The flow from 30,000ft:

A browser extension is tasked with passing data from the user to the system. The system receives this data through HTTP requests and records it into the ledger. A GUI of the library is served by the system, and this can also add data to the ledger. Annotations can be added to the archive through the UI. Working copies, true to the originals, can be exported through the UI.


🤔 What is where?

The browser extension is currently written in plain JS (as well as some HTML/CSS). The JS assets are bundled and moved in place by Webpack, which also provides auto-reloading of the extension in-browser.

The app and API are currently written in (mostly) Node & TypeScript. It presently exposes REST endpoints (such as /list-docs, /form, etc.) and handles the interfacing with QLDB.

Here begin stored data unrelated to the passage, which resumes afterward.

-- ===== src/Diff/Visible.antt =====
-- src/core/diff.rs: what `visible` keeps of a snapshot, and which paths are absent from it.
use mathlib.Core.Path.{◌≡◌, refl, subst}
use mathlib.Core.List.{Memᴰ}
use mathlib.Core.Logic.{inl, inr}
use native.Mathlib.Omega.{arith}
use backupsage.Base.{
  Bool, true, false, ◌&&◌, none, some, is_some, List, [], ◌∷◌, map, any, filter, All, ok, >>=-eq-ok,
  ok-injective, bail_if, Bool-cases,
}
use backupsage.Base.Int.{ℤ}
use backupsage.Base.Order.{eqb, eqb_iff, lessb, IsSorted, nat_ord, int_ord, list_ord}
use backupsage.Base.SortedMap.{
  SortedMap, keys, lookup, upsert, lookup-upsert, upsert-IsSorted, upsert_entry-All,
}
use backupsage.Base.Members.{each_in}
use backupsage.Legacy.{could_be}
use backupsage.Coverage.{Bytes}
use backupsage.Diff.Types.{Entry, Snapshot, unavailable_but_carries_rows}
use backupsage.Diff.Rows.{uncertain_name, is_unavailable}
use backupsage.Diff.Compare.{
  Paths, newer, note_visible, carries_rows, visible_from, visible, uncertain_paths, could_hold,
}

visible_from-cons :
    (ids : SortedMap ℤ (Unit {0})) (paths found : Paths) (e : Entry) (es : List Entry)
    → visible_from ids paths (e ∷ es) ≡ ok found
    → visible_from (upsert e.file_id (λ _. tt) ids) (note_visible e paths) es ≡ ok found
unfolding visible_from
visible_from-cons ids paths found e es h = ground arith

note_visible-IsSorted :
    (e : Entry) (paths : Paths) → IsSorted (keys paths) → IsSorted (keys (note_visible e paths))
note_visible-IsSorted e paths s = elim (Bool-cases (uncertain_name e)) [
  | inl y ↦ rw y s
  | inr n ↦ rw n (upsert-IsSorted e.path (newer e) paths s)
]

visible_from-IsSorted :
    (ids : SortedMap ℤ (Unit {0})) (paths found : Paths) (es : List Entry)
    → visible_from ids paths es ≡ ok found
    → IsSorted (keys paths)
    → IsSorted (keys found)
unfolding visible_from
visible_from-IsSorted ids paths found [] h s = subst (λ m. IsSorted (keys m)) (ok-injective h) s
visible_from-IsSorted ids paths found (e ∷ es) h s =
    visible_from-IsSorted (upsert e.file_id (λ _. tt) ids) (note_visible e paths) found es
      (visible_from-cons ids paths found e es h) (note_visible-IsSorted e paths s)

module _ (Q : Entry → Type 0) where
  -- An entry under its own path.
  abbrev IsNamed : Bytes × Entry → Type 0
  IsNamed (path, e) = (e.path ≡ path) × Q e

  newer-IsNamed :
      (e : Entry) → Q e → (v : Entry) → IsNamed (e.path, v) → IsNamed (e.path, newer e (some v))
  newer-IsNamed e q v h = elim (Bool-cases (lessb v.file_id e.file_id)) [
    | inl y ↦ rw y (refl, q)
    | inr n ↦ rw n h
  ]

  note_visible-Named :
      (e : Entry) (paths : Paths) → Q e → All IsNamed paths → All IsNamed (note_visible e paths)
  note_visible-Named e paths q h = elim (Bool-cases (uncertain_name e)) [
    | inl y ↦ rw y h
    | inr n ↦ rw n (upsert_entry-All IsNamed e.path (newer e) paths (refl, q) (newer-IsNamed e q) h)
  ]

  visible_from-Named :
      (ids : SortedMap ℤ (Unit {0})) (paths found : Paths) (es : List Entry)
      → visible_from ids paths es ≡ ok found
      → All Q es
      → All IsNamed paths
      → All IsNamed found
  unfolding visible_from
  visible_from-Named ids paths found [] h qs s = subst (All IsNamed) (ok-injective h) s
  visible_from-Named ids paths found (e ∷ es) h (q, qs) s =
      visible_from-Named (upsert e.file_id (λ _. tt) ids) (note_visible e paths) found es
        (visible_from-cons ids paths found e es h) qs (note_visible-Named e paths q s)

abbrev has_path : Paths → Bytes → Bool
has_path paths path = is_some (lookup path paths)

note_visible-keeps :
    (e : Entry) (paths : Paths) (path : Bytes)
    → has_path paths path ≡ true
    → has_path (note_visible e paths) path ≡ true
note_visible-keeps e paths path h = elim (Bool-cases (uncertain_name e)) [
  | inl y ↦ rw y h
  | inr n ↦ rw n (ground (arith, h, lookup-upsert e.path path (newer e) paths))
]

note_visible-new :
    (e : Entry) (paths : Paths)
    → uncertain_name e ≡ false
    → has_path (note_visible e paths) e.path ≡ true
note_visible-new e paths n =
    rw n
      (ground (arith, lookup-upsert e.path e.path (newer e) paths, (eqb_iff e.path e.path).1 refl))

visible_from-keeps :
    (ids : SortedMap ℤ (Unit {0})) (paths found : Paths) (es : List Entry) (path : Bytes)
    → visible_from ids paths es ≡ ok found
    → has_path paths path ≡ true
    → has_path found path ≡ true
unfolding visible_from
visible_from-keeps ids paths found [] path h s =
    subst (λ m. has_path m path ≡ true) (ok-injective h) s
visible_from-keeps ids paths found (e ∷ es) path h s =
    visible_from-keeps (upsert e.file_id (λ _. tt) ids) (note_visible e paths) found es path
      (visible_from-cons ids paths found e es h) (note_visible-keeps e paths path s)

visible_from-all :
    (ids : SortedMap ℤ (Unit {0})) (paths found : Paths) (es : List Entry)
    → visible_from ids paths es ≡ ok found
    → All (λ e. uncertain_name e ≡ false → has_path found e.path ≡ true) es
visible_from-all ids paths found [] h = tt
visible_from-all ids paths found (e ∷ es) h =
    let later = visible_from-cons ids paths found e es h in
    let ids' = upsert e.file_id (λ _. tt) ids in
    (
      λ n.
          visible_from-keeps ids' (note_visible e paths) found es e.path later
            (note_visible-new e paths n),
      visible_from-all ids' (note_visible e paths) found es later,
    )

-- No entry has this path: not one whose name is certain, nor could one whose name is not.
abbrev pub IsAbsent : Bytes → Snapshot → Type 0
IsAbsent path s =
    All
      (λ e.
        (uncertain_name e ≡ false → eqb e.path path ≡ false)
        × (uncertain_name e ≡ true → could_be e.path path ≡ false))
      s.entries

-- The paths of a snapshot: in order, each with an entry of the snapshot that has it.
pub record IsView (s : Snapshot) (paths : Paths) : Type 0 where
  pub sorted : IsSorted (keys paths)
  pub named : All (λ (x : Bytes × Entry). (x.1.path ≡ x.0) × Memᴰ x.1 s.entries) paths
  pub all : All (λ e. uncertain_name e ≡ false → has_path paths e.path ≡ true) s.entries

pub visible-IsView : (s : Snapshot) (paths : Paths) → visible s ≡ ok paths → IsView s paths
unfolding visible
visible-IsView s paths h =
    let (_, _, h₁) =
      >>=-eq-ok
        (bail_if (is_unavailable s.info.state && carries_rows s.entries)
          unavailable_but_carries_rows)
        _ h in
    record {
      sorted = visible_from-IsSorted [] [] paths s.entries h₁ tt;
      named =
          visible_from-Named (λ e. Memᴰ e s.entries) [] [] paths s.entries h₁ (each_in s.entries)
            tt;
      all = visible_from-all [] [] paths s.entries h₁;
    }

could_hold-each :
    (es : List Entry) (path : Bytes)
    → any (λ t. could_be t path) (map (λ e. e.path) (filter uncertain_name es)) ≡ false
    → All (λ e. uncertain_name e ≡ true → could_be e.path path ≡ false) es
could_hold-each [] path h = tt
could_hold-each (e ∷ es) path h = elim (Bool-cases (uncertain_name e)) [
  | inr n ↦ (λ y. cc, could_hold-each es path (rw n at h))
  | inl y ↦
      let h₁ = rw y at h in (λ _. ground (arith, h₁), could_hold-each es path (ground (arith, h₁)))
]

-- A path that the view lacks, and that no uncertain name could stand for, is absent.
pub view-IsAbsent :
    (s : Snapshot) (paths : Paths) (path : Bytes)
    → IsView s paths
    → lookup path paths ≡ none
    → could_hold (uncertain_paths s) path ≡ false
    → IsAbsent path s
unfolding could_hold
view-IsAbsent s paths path v gone unclear =
    both s.entries v.all (could_hold-each s.entries path unclear)
  where
    apart : (e : Entry) → has_path paths e.path ≡ true → eqb e.path path ≡ false
    apart e h = elim (Bool-cases (eqb e.path path)) [
      | inr n ↦ n
      | inl y ↦
          let at : has_path paths path ≡ true =
            subst (λ p. has_path paths p ≡ true) ((eqb_iff e.path path).0 y) h in
          ground (arith, at, gone)
    ]

    both :
        (es : List Entry)
        → All (λ e. uncertain_name e ≡ false → has_path paths e.path ≡ true) es
        → All (λ e. uncertain_name e ≡ true → could_be e.path path ≡ false) es
        → All
            (λ e.
              (uncertain_name e ≡ false → eqb e.path path ≡ false)
              × (uncertain_name e ≡ true → could_be e.path path ≡ false))
            es
    both [] h k = tt
    both (e ∷ es) (h, hs) (k, ks) = ((λ n. apart e (h n), k), both es hs ks)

An example UI is included and built in Svelte, an amazing frontend framework. It demonstrates how some of the above API endpoints can be implemented and some of the capabilities of the tool.

All the above runs with docker-compose, as well as standalone npm scripts.


🥱 So, where are we ${today}?

The API

Both the browser extension and the app/API are in a functioning state, though features need to be developed in sync to be considered complete.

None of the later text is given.